Джосс и Джекстроу все еще пытались утихомирить собак.
— С вами все в порядке, сэр? — спросил Джосс, когда я подошел к ним, и тут же воскликнул:
— Господи, да вы без маски!
— Я знаю. Пустяки. — Но это были не пустяки: при каждом вдохе я чувствовал жжение в горле и легких. — Ты заметил, где сел самолет?
— Приблизительно. Пожалуй, к востоку от нас.
— Джекстроу?
— По-моему, чуть севернее. — Вытянув руку, он показал в ту сторону, откуда дул ветер.
— Пойдем точно на восток. — Ведь кому-то надо было принимать решение, пусть даже ошибочное. Вполне вероятно, что ошибку совершу я. — Пойдем на восток. Джосс, какая длина троса на этой катушке?
— Ярдов четыреста.
— Хорошо. Пройдем четыреста ярдов, затем повернем точно на север.
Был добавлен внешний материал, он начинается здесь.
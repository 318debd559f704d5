-- ===== src/Startup/Routed.antt =====
-- The gateway checks a model against the routes that the producer was made with.
use cria.Prelude.{
  ℕ, Bool-cases, String, ◌≡◌, refl, none, some, List, [], ◌∷◌, ◌++◌, arith, ◌⊎◌, Option-cases, inl,
  inr,
}
use cria.Table.{DashMap}
use cria.HashMap
use cria.Config.{Config, request_topic_for_model}
use cria.Config.Parse.{ok, >>=-eq-ok}
use cria.Pb.{InferenceRequest}
use cria.Streaming.{Mpsc}
use cria.Kafka.Messages.{Kafka, InferenceJob, FutureRecord}
use cria.Kafka.Producer.{
  KafkaProducer, ProduceResult, produced, refused, not_encoded, not_delivered, send,
  produce_request,
}
use cria.Gateway.{Gateway}
use cria.Api.Begin.{Ambient, enqueuing, submit_begin}
use cria.Api.Finish.{produce}
use cria.Api.Admission.{submit_begin-IsAdmitted}
use cria.Bff.Infer
use cria.Bff.Infer.{InferRequest, infer_job, infer_begin, infer_admit, filled_or}
use cria.Text.{trim, is_empty}
use cria.Streaming
use cria.Startup.Clients.{Outside, context, producer_settings, new_producer}

pub new_producer-is :
    (o : Outside) (c : Config) (p : KafkaProducer)
    → new_producer o c ≡ ok p
    → p ≡ record { request_topics = c.model_routes; control_topic = c.control_topic }
unfolding new_producer
new_producer-is o c p h =
    let (made, _, rest) =
      >>=-eq-ok (context "failed to create Kafka producer" (o.create (producer_settings c)))
        (λ made. ok (record { request_topics = c.model_routes; control_topic = c.control_topic }))
        h in
    ground (arith, rest)

module _ ⦃k : Kafka⦄ where
  sent_or_not :
      (sent : List FutureRecord) (r : FutureRecord)
      → ((send sent r).1 ≡ produced) ⊎ ((send sent r).1 ≡ refused not_delivered)
  unfolding send
  sent_or_not sent r = elim (Bool-cases (k.delivers sent r)) [
    | inl there ↦ inl (rw there refl)
    | inr lost ↦ inr (rw lost refl)
  ]

  -- The job was given to the producer's client: on the topic of its model, under its identifier.
  pub record IsGiven (c : Config) (job : InferenceJob) (sent sent' : List FutureRecord)
      (result : ProduceResult) : Type 0 where
    pub topic : String
    pub routed : request_topic_for_model c job.model_id ≡ some topic
    pub payload : String
    pub encoded : k.encode_job job ≡ some payload
    pub log : sent' ≡ sent ++ record { topic = topic; key = job.request_id; payload = payload } ∷ []
    pub result_is : (result ≡ produced) ⊎ (result ≡ refused not_delivered)

  produce_request-routed :
      (o : Outside) (c : Config) (p : KafkaProducer) (job : InferenceJob) (sent : List FutureRecord)
      (topic : String)
      → new_producer o c ≡ ok p
      → request_topic_for_model c job.model_id ≡ some topic
      → let (sent', result) = produce_request p job sent in
        ((k.encode_job job ≡ none) × (sent' ≡ sent) × (result ≡ refused not_encoded))
        ⊎ IsGiven c job sent sent' result
  unfolding produce_request request_topic_for_model HashMap.get send
  produce_request-routed o c p job sent topic made routed =
      let same = new_producer-is o c p made in
      elim (Option-cases (k.encode_job job)) [
        | inl bad ↦
            let path : produce_request p job sent ≡ (sent, refused not_encoded) =
              rw (same, routed, bad, produce_request) refl in
            rw path (inl (bad, refl, refl))
        | inr (payload, encoded) ↦
            let record_of : FutureRecord = record {
              topic = topic;
              key = job.request_id;
              payload = payload;
            } in
            let path : produce_request p job sent ≡ send sent record_of =
              rw (same, routed, encoded, produce_request) refl in
            rw path (
              inr (record {
                topic = topic;
                routed = routed;
                payload = payload;
                encoded = encoded;
                log = refl;
                result_is = sent_or_not sent record_of;
              }))
      ]

module _ ⦃d : DashMap⦄ ⦃ch : Mpsc⦄ where
  -- A job that one of the two front ends hands to the producer.
  pub data IsAdmittedJob (c : Config) (job : InferenceJob) : Type 0 where
    by_submit :
        (g : Gateway) (request : InferenceRequest) (amb : Ambient) (receiver : ℕ)
        → (submit_begin c g request amb).1 ≡ enqueuing job receiver
        → IsAdmittedJob c job
    by_infer :
        (g : Gateway) (request : InferRequest) (amb : Ambient) (receiver : ℕ)
        → (infer_begin c g request amb).1 ≡ Infer.enqueuing job receiver
        → IsAdmittedJob c job

  infer_admit-job :
      (g : Gateway) (job job' : InferenceJob) (amb : Ambient) (receiver : ℕ)
      → (infer_admit g job amb).1 ≡ Infer.enqueuing job' receiver
      → job' ≡ job
  unfolding infer_admit
  infer_admit-job g job job' amb receiver h =
      elim (Option-cases (Streaming.register g.streams job.request_id).1) [
        | inl taken ↦ absurd (ground (arith, h, taken))
        | inr (r, free) ↦ ground (arith, h, free)
      ]

  admitted-routed :
      (c : Config) (job : InferenceJob)
      → IsAdmittedJob c job
      → (topic : String) × (request_topic_for_model c job.model_id ≡ some topic)
  unfolding infer_begin infer_job
  admitted-routed c job (by_submit g request amb receiver h) =
      (submit_begin-IsAdmitted c g request amb job receiver h).routed
  admitted-routed c job (by_infer g request amb receiver h) =
      elim (Bool-cases (is_empty (trim request.prompt))) [
        | inl blank ↦ absurd (ground (arith, h, blank))
        | inr solid ↦
            elim (Option-cases
              (request_topic_for_model c (filled_or request.model_id c.default_model_id))) [
                | inl unknown ↦ absurd (ground (arith, h, solid, unknown))
                | inr (topic, known) ↦
                    let same =
                      infer_admit-job g (infer_job c request amb) job amb receiver
                        (rw (solid, known, infer_begin) at h) in
                    (topic, rw same known)
              ]
      ]

module _ ⦃d : DashMap⦄ ⦃ch : Mpsc⦄ ⦃k : Kafka⦄ where
  pub produce-routed :
      (o : Outside) (c : Config) (p : KafkaProducer) (g : Gateway) (job : InferenceJob)
      → new_producer o c ≡ ok p
      → IsAdmittedJob c job
      → let (g', result) = produce p g job in
        ((k.encode_job job ≡ none) × (g'.sent ≡ g.sent) × (result ≡ refused not_encoded))
        ⊎ IsGiven c job g.sent g'.sent result
  unfolding produce
  produce-routed o c p g job made admitted =
      let (topic, routed) = admitted-routed c job admitted in
      produce_request-routed o c p job g.sent topic made routed
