-- ===== src/Startup/Published.antt =====
-- What a system publishes goes to topics that the start waited for.
use cria.Prelude.{
  String, ◌≡◌, refl, sym, ap, ◌∙◌, Bool, true, some, List, [], ◌∷◌, ◌++◌, map, arith, ◌||◌, str_eq,
  eq_iff, eq_refl, Bool-cases, inl, inr,
}
use cria.Table.{DashMap, find}
use cria.Config.{Config}
use cria.Config.Parse.{ok}
use cria.Streaming.{Mpsc}
use cria.Kafka.Messages.{Kafka}
use cria.Kafka.Producer.{KafkaProducer}
use cria.Kafka.Topics.{any_is, all, used_topics, available}
use cria.System.{Action, started, run}
use cria.System.Published.{IsWithin, IsFor, run-IsWithin}
use cria.Startup.Clients.{Outside, new_producer}
use cria.Startup.Routed.{new_producer-is}

any_is-append : (a : String) (l m : List String) → any_is a (l ++ m) ≡ (any_is a l || any_is a m)
any_is-append a [] m = refl
any_is-append a (b ∷ l) m = ground (arith, any_is-append a l m)

any_is-find :
    (model topic : String) (entries : List (String × String))
    → find model entries ≡ some topic
    → any_is topic (map (λ e. e.1) entries) ≡ true
unfolding find
any_is-find model topic [] h = absurd (ground (arith, h))
any_is-find model topic ((m, t) ∷ entries) h =
    ground (arith, any_is-find model topic entries, eq_refl topic)

any_is-all :
    (p : String → Bool) (l : List String) (a : String)
    → all p l ≡ true
    → any_is a l ≡ true
    → p a ≡ true
any_is-all p [] a h k = absurd (ground (arith, k))
any_is-all p (b ∷ l) a h k = elim (Bool-cases (str_eq b a)) [
  | inl same ↦ ap p (sym ((eq_iff b a).0 same)) ∙ ground (arith, h)
  | inr other ↦ any_is-all p l a (ground (arith, h)) (ground (arith, k, other))
]

producer-IsFor :
    (o : Outside) (c : Config) (p : KafkaProducer) (names : List String)
    → new_producer o c ≡ ok p
    → available (used_topics c) (some names) ≡ true
    → IsFor p names
unfolding available
producer-IsFor o c p names made there =
    let same = new_producer-is o c p made in
    let within = any_is-all (λ t. any_is t names) (used_topics c) in
    record {
      requests = λ model topic found. within topic there (
          ground (
            arith,
            any_is-append topic (map (λ e. e.1) c.model_routes.entries)
                (c.token_topic ∷ c.control_topic ∷ []),
            any_is-find model topic c.model_routes.entries (rw same at found),
          ));
      control = rw same (
          within c.control_topic there (
            ground (
              arith,
              any_is-append c.control_topic (map (λ e. e.1) c.model_routes.entries)
                  (c.token_topic ∷ c.control_topic ∷ []),
              eq_refl c.control_topic,
            )));
    }

module _ ⦃d : DashMap⦄ ⦃ch : Mpsc⦄ ⦃k : Kafka⦄ where
  -- Where the broker named every topic that the configuration uses, as it must have before main
  -- starts a task: with the producer made of that configuration, and however the steps of the
  -- tasks are interleaved, every job and every cancellation that the gateway publishes goes to a
  -- topic that the broker named.
  pub run-published :
      (o : Outside) (c : Config) (p : KafkaProducer) (net : ch.Net) (actions : List Action)
      (names : List String)
      → new_producer o c ≡ ok p
      → available (used_topics c) (some names) ≡ true
      → IsWithin names (run c p (started net) actions).gateway.sent
  run-published o c p net actions names made there =
      run-IsWithin names p (producer-IsFor o c p names made there) c (started net) actions
        (unfold started in tt)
Наверняка на снегу остались следы. Если нам повезет, то мы их обнаружим.
Дай-то Бог, чтобы самолет приземлился не дальше четырехсот ярдов отсюда. Подойдя к ближайшей мачте, я удалил с нее похожие на длинные перья кристаллы инея и привязал к ней конец троса. Привязал прочно. Ведь от этого троса зависела наша жизнь: без него в такую темную, штормовую ночь мы не смогли бы вернуться назад. Отыскать свои собственные следы нам бы не удалось: поверхность ледника настолько тверда, что даже пятитонный трактор оставил на ней лишь едва заметные вмятины.
Мы двинулись в путь. Ветер дул нам почти прямо в лицо. Первым шел я, за мной — Джекстроу с собачьей упряжкой; замыкающим был Джосс. Преодолевая сопротивление возвратной пружины, он разматывал катушку с тросом. Оставшись без снежной маски, я задыхался. Горло жгло огнем, лицо мерзло от ледяного ветра, и разум отказывался повиноваться. Хотя я и пытался защитить рукой рот и нос и делал неглубокие вдохи, легкие мои разрывал мучительный кашель.